▶ _Exercise prompt_
The records follow. Filter them to the lines that hold "given".

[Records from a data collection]

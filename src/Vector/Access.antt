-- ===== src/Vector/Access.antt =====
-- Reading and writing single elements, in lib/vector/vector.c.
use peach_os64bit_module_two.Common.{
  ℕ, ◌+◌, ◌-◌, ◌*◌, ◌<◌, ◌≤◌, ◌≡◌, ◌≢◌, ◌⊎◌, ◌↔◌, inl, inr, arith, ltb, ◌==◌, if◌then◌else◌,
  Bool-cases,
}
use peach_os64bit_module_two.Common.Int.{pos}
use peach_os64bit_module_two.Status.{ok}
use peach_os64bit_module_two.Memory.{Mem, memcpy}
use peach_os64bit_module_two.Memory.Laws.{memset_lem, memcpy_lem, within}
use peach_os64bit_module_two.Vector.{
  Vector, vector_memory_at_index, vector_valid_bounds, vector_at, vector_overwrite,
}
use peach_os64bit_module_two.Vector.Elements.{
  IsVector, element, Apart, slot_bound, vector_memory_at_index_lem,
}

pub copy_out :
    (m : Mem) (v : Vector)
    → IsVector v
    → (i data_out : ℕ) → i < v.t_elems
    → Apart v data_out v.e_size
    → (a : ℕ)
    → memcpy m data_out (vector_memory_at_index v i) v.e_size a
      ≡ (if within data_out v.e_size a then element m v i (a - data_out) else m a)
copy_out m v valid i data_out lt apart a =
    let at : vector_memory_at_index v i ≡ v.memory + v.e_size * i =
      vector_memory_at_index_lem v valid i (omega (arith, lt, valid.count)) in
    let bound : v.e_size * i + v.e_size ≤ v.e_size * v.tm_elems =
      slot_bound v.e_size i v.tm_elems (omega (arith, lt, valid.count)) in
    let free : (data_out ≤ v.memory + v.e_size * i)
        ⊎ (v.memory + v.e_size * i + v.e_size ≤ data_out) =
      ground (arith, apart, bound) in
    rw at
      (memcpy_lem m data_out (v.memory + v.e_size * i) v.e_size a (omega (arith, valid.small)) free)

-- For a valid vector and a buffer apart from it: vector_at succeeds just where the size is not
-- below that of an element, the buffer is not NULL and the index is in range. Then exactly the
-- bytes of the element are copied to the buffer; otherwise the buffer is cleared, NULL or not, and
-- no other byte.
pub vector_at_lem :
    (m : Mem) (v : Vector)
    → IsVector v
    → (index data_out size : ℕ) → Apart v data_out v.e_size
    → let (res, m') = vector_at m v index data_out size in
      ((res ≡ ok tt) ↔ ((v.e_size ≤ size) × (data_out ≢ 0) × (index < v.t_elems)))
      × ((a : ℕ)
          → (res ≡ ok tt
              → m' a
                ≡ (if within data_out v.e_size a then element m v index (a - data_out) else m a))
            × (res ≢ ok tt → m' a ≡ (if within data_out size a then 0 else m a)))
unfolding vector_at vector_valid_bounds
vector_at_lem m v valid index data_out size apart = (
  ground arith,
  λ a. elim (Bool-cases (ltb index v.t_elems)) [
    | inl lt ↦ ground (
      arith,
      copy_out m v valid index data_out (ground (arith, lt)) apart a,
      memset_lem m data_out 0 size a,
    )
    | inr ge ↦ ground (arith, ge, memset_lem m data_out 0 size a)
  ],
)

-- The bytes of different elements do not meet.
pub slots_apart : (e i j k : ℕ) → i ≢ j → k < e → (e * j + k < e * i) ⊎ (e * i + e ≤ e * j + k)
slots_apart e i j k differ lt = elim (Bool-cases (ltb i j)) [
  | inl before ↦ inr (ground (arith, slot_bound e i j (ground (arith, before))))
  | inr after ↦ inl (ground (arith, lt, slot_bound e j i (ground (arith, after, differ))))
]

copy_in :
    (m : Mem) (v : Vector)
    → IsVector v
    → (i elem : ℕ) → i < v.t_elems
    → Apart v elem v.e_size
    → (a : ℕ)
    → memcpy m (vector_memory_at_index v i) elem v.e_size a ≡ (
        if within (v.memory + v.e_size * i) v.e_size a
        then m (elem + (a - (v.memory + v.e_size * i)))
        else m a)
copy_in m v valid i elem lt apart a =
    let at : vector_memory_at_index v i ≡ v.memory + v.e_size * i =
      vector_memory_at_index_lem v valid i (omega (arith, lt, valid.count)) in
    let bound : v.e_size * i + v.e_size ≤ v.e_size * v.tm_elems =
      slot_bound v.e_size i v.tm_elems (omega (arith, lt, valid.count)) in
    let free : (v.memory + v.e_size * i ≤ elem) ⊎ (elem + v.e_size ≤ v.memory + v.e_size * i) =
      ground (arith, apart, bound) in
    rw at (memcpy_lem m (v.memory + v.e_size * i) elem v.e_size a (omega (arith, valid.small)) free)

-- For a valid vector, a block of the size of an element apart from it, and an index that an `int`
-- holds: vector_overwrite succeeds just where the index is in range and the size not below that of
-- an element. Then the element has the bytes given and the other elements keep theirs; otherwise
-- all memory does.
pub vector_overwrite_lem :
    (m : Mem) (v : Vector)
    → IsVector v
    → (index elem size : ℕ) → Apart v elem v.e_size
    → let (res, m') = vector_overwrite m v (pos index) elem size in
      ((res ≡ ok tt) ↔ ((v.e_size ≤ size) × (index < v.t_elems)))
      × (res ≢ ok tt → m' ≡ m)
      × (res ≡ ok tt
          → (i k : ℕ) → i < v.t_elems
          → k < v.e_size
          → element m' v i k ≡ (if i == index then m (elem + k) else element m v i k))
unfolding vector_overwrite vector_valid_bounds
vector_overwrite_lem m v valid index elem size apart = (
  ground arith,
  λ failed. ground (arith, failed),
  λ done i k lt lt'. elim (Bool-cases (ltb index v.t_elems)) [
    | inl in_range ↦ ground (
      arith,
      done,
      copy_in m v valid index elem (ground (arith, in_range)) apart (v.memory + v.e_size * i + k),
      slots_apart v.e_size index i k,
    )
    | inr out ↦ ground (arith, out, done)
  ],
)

...

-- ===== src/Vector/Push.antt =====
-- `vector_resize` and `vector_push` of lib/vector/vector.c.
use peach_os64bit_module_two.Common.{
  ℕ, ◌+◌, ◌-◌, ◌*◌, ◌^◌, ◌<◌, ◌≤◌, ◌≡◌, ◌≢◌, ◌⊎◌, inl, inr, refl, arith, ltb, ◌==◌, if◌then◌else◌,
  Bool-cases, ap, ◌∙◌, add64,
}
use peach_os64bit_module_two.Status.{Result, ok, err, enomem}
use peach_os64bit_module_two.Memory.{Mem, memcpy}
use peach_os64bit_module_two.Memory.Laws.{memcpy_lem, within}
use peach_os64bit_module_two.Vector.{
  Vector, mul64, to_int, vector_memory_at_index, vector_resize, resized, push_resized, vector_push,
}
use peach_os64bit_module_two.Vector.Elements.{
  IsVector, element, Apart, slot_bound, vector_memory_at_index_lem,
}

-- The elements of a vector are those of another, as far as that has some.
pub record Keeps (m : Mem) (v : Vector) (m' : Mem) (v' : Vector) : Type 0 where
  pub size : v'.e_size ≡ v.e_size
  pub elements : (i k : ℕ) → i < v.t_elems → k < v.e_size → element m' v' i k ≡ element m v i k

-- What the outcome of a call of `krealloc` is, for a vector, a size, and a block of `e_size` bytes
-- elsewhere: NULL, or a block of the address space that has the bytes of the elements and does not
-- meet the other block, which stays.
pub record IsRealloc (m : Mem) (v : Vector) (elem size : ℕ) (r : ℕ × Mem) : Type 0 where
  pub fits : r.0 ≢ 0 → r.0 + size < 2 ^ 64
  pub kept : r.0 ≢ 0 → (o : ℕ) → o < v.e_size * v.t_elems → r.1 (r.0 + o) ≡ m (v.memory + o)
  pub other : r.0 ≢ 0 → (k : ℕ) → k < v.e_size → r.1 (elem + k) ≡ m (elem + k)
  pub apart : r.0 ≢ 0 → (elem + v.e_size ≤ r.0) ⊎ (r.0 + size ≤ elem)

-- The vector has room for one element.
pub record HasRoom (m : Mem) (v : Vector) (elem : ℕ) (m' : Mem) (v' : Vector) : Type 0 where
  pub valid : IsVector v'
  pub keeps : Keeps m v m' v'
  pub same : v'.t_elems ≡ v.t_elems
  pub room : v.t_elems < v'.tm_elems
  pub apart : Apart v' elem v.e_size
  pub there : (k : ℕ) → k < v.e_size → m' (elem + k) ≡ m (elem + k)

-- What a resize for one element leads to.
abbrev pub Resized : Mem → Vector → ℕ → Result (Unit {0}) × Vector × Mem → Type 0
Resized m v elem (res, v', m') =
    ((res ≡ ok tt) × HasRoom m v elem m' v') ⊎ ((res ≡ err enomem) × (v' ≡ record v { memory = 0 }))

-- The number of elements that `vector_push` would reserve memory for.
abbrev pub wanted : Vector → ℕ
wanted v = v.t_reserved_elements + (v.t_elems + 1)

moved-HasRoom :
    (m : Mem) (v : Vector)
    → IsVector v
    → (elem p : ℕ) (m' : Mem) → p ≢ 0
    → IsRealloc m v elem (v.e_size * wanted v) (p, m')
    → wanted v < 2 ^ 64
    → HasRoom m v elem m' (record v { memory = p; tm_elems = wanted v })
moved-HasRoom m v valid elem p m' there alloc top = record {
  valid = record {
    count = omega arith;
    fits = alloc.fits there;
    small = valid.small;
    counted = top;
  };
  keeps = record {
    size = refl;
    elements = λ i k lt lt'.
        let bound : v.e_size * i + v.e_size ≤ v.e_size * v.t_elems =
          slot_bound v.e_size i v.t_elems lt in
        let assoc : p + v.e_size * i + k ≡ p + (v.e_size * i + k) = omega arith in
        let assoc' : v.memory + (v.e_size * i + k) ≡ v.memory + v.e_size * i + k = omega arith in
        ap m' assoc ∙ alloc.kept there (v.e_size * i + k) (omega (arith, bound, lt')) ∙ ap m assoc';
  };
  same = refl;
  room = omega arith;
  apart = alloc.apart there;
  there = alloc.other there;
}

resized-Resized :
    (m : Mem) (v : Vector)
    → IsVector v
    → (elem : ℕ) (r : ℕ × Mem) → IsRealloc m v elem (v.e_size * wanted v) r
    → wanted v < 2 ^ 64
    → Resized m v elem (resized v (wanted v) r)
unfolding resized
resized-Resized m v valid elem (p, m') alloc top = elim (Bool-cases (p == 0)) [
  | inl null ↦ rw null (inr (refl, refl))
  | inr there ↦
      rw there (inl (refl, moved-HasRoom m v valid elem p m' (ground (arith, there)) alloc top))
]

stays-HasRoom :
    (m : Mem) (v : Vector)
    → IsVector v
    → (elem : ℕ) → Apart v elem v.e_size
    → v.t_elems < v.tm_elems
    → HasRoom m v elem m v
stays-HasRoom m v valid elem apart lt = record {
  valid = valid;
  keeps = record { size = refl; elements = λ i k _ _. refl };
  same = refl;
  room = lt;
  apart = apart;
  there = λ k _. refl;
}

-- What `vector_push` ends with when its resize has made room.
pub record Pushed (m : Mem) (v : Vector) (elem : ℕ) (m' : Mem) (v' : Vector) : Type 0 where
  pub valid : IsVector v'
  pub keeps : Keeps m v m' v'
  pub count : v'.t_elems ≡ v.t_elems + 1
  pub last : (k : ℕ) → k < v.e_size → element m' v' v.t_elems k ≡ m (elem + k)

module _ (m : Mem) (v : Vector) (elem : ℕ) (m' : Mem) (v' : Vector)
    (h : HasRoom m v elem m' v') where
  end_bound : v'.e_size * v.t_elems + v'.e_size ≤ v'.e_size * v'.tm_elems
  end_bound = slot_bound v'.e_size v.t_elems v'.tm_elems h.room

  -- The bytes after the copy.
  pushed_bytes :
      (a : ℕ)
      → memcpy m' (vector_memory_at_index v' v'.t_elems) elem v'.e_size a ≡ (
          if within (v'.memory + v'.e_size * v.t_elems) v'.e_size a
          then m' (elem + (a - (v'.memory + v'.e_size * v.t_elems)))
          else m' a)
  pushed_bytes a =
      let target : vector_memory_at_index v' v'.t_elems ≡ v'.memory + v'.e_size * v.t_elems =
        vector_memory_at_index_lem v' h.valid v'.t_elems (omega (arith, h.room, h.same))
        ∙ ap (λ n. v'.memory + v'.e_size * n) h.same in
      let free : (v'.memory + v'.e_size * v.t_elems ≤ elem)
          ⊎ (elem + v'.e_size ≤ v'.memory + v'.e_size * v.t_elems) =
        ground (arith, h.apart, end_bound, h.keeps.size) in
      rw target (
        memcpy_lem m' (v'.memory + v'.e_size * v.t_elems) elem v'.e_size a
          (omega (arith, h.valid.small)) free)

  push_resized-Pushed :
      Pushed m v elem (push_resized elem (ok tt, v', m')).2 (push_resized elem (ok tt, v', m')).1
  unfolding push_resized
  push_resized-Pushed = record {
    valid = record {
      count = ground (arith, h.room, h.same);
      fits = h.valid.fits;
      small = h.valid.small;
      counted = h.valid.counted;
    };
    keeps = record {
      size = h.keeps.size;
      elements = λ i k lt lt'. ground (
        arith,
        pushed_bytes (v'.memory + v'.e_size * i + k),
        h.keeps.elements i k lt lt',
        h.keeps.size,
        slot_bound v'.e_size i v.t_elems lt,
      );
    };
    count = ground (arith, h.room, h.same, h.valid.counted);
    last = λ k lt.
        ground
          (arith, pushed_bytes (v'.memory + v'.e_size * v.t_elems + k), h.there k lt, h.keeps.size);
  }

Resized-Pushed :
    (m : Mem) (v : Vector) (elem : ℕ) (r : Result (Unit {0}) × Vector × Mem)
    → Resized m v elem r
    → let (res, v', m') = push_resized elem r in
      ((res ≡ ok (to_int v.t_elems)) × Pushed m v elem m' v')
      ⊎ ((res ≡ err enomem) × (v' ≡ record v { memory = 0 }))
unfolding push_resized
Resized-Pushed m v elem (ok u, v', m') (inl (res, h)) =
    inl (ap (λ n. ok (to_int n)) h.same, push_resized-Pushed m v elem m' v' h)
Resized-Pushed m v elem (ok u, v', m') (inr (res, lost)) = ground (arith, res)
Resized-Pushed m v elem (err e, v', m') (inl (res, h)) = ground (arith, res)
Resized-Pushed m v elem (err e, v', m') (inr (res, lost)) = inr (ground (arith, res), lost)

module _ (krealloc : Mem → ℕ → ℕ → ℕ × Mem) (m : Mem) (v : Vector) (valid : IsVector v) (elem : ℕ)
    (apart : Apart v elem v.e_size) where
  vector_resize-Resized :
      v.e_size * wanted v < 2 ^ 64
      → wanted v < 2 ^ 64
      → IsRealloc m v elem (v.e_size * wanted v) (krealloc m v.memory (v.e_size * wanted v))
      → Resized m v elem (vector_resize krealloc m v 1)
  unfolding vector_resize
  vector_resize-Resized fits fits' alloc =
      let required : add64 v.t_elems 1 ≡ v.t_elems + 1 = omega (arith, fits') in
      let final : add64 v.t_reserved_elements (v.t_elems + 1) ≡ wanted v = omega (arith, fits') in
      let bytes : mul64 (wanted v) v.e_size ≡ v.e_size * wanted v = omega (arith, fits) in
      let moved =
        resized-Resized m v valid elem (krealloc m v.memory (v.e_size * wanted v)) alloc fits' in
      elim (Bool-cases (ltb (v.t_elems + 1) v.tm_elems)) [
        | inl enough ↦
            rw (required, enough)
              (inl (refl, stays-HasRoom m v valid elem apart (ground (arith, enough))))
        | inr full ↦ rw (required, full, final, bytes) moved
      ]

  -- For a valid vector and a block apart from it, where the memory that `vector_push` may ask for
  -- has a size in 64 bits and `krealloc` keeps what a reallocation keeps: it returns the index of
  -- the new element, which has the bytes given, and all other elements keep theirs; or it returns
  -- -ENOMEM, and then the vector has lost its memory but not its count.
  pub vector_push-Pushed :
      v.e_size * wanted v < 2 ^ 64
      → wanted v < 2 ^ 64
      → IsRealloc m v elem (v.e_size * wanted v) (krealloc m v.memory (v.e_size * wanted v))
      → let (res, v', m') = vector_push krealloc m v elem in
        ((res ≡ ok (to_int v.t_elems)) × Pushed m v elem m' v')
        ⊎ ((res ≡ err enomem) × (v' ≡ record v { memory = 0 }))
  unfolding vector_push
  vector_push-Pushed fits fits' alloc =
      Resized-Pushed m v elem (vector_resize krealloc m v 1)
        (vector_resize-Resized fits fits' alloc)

==

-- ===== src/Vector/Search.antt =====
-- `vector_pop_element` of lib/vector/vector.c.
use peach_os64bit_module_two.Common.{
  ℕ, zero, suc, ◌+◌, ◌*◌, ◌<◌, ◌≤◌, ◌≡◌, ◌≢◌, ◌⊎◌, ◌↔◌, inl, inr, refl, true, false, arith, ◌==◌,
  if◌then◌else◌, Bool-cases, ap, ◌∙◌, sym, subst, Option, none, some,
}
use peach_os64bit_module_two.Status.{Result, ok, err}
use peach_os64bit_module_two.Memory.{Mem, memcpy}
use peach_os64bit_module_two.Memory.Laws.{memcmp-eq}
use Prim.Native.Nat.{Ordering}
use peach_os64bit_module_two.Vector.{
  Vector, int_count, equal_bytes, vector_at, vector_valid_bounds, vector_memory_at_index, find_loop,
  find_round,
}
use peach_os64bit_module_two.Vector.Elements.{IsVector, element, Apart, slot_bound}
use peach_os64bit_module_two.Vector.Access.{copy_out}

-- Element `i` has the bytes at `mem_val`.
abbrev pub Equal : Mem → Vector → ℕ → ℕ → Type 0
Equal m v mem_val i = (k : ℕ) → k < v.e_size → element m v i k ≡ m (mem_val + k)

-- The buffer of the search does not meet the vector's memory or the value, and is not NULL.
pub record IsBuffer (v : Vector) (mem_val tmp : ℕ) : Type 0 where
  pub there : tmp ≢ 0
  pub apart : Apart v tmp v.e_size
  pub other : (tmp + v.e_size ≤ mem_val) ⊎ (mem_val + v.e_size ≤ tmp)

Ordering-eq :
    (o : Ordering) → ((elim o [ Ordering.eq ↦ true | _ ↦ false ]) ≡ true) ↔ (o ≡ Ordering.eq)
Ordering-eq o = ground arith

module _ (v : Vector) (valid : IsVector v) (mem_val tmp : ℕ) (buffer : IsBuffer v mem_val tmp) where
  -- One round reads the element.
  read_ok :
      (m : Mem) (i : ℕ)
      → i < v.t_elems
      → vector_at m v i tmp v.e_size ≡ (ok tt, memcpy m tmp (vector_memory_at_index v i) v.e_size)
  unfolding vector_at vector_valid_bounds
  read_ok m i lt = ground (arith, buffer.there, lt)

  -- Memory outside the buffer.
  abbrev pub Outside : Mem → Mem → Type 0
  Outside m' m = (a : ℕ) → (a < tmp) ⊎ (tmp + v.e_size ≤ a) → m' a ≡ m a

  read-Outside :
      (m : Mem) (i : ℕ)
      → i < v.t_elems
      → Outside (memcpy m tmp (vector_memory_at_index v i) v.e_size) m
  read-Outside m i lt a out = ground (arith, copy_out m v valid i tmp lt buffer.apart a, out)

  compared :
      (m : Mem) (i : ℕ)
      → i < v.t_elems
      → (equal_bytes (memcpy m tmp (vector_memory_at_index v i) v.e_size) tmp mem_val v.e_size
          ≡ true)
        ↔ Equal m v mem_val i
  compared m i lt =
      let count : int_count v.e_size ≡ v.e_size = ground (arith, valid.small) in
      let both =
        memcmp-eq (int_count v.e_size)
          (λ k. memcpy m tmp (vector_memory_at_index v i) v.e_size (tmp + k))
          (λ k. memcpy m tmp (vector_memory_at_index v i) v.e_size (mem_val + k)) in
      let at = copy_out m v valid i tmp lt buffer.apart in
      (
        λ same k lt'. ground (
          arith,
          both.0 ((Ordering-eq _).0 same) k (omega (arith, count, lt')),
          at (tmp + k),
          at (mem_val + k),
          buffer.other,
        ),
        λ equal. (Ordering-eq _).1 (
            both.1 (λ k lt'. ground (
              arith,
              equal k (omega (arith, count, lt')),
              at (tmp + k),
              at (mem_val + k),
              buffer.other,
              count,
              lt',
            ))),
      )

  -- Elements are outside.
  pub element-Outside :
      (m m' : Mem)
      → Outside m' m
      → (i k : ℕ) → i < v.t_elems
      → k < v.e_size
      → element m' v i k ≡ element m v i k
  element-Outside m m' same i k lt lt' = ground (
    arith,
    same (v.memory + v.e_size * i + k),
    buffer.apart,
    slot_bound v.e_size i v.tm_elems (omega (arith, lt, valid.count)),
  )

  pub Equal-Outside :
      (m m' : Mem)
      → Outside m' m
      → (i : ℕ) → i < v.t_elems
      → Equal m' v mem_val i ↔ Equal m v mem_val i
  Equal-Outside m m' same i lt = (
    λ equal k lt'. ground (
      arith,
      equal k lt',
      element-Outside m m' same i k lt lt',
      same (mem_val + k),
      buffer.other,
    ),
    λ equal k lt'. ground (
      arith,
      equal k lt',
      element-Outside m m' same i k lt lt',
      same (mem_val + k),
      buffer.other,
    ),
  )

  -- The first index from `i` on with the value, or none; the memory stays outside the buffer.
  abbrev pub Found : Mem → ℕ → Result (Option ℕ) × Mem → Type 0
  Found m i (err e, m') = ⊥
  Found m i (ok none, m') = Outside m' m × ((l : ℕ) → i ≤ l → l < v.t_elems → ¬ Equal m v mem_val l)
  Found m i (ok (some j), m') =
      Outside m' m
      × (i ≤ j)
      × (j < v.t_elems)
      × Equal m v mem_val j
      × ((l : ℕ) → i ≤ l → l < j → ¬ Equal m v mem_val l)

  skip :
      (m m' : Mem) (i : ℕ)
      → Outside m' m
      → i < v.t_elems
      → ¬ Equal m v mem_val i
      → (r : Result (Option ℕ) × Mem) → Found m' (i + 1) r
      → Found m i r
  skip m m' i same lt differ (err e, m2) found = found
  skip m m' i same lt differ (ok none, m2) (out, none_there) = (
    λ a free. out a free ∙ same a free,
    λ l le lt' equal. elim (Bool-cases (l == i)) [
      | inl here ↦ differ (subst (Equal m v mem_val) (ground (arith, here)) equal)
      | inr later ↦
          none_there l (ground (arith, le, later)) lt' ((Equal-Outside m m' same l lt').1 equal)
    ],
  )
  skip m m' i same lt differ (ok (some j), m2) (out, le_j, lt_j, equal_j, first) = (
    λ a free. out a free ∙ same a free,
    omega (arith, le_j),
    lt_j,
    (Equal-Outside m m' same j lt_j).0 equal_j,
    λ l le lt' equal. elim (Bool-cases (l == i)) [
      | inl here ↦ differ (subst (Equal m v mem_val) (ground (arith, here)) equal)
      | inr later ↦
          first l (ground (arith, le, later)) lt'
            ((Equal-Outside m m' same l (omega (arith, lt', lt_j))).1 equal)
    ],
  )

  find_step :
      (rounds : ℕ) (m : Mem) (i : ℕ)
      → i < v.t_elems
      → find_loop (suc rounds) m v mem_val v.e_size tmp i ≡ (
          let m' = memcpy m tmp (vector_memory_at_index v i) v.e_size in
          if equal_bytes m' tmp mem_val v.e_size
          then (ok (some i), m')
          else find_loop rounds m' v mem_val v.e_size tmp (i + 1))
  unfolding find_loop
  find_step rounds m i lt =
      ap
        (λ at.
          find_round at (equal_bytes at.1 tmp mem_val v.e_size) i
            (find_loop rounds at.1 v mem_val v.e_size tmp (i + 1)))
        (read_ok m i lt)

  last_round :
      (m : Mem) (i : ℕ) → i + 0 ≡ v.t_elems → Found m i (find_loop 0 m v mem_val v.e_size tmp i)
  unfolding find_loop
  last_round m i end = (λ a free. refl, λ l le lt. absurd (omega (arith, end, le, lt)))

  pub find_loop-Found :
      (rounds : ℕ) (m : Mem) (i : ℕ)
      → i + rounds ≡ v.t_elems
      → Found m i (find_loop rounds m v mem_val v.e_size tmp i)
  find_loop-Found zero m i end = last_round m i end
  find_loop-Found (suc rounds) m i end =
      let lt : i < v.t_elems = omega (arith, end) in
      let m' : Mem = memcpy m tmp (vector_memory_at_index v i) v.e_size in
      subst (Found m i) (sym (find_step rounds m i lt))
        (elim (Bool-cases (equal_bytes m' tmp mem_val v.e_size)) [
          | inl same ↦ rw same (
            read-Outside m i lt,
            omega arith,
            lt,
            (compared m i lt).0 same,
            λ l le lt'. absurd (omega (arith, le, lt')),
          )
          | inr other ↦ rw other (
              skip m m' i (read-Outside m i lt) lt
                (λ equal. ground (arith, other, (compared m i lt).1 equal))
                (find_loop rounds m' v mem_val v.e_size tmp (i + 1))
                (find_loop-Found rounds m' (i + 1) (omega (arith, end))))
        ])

▶ _Task output_
-- an element. Then the element has the bytes given and the other elements keep theirs; otherwise
  -- the new element, which has the bytes given, and all other elements keep theirs; or it returns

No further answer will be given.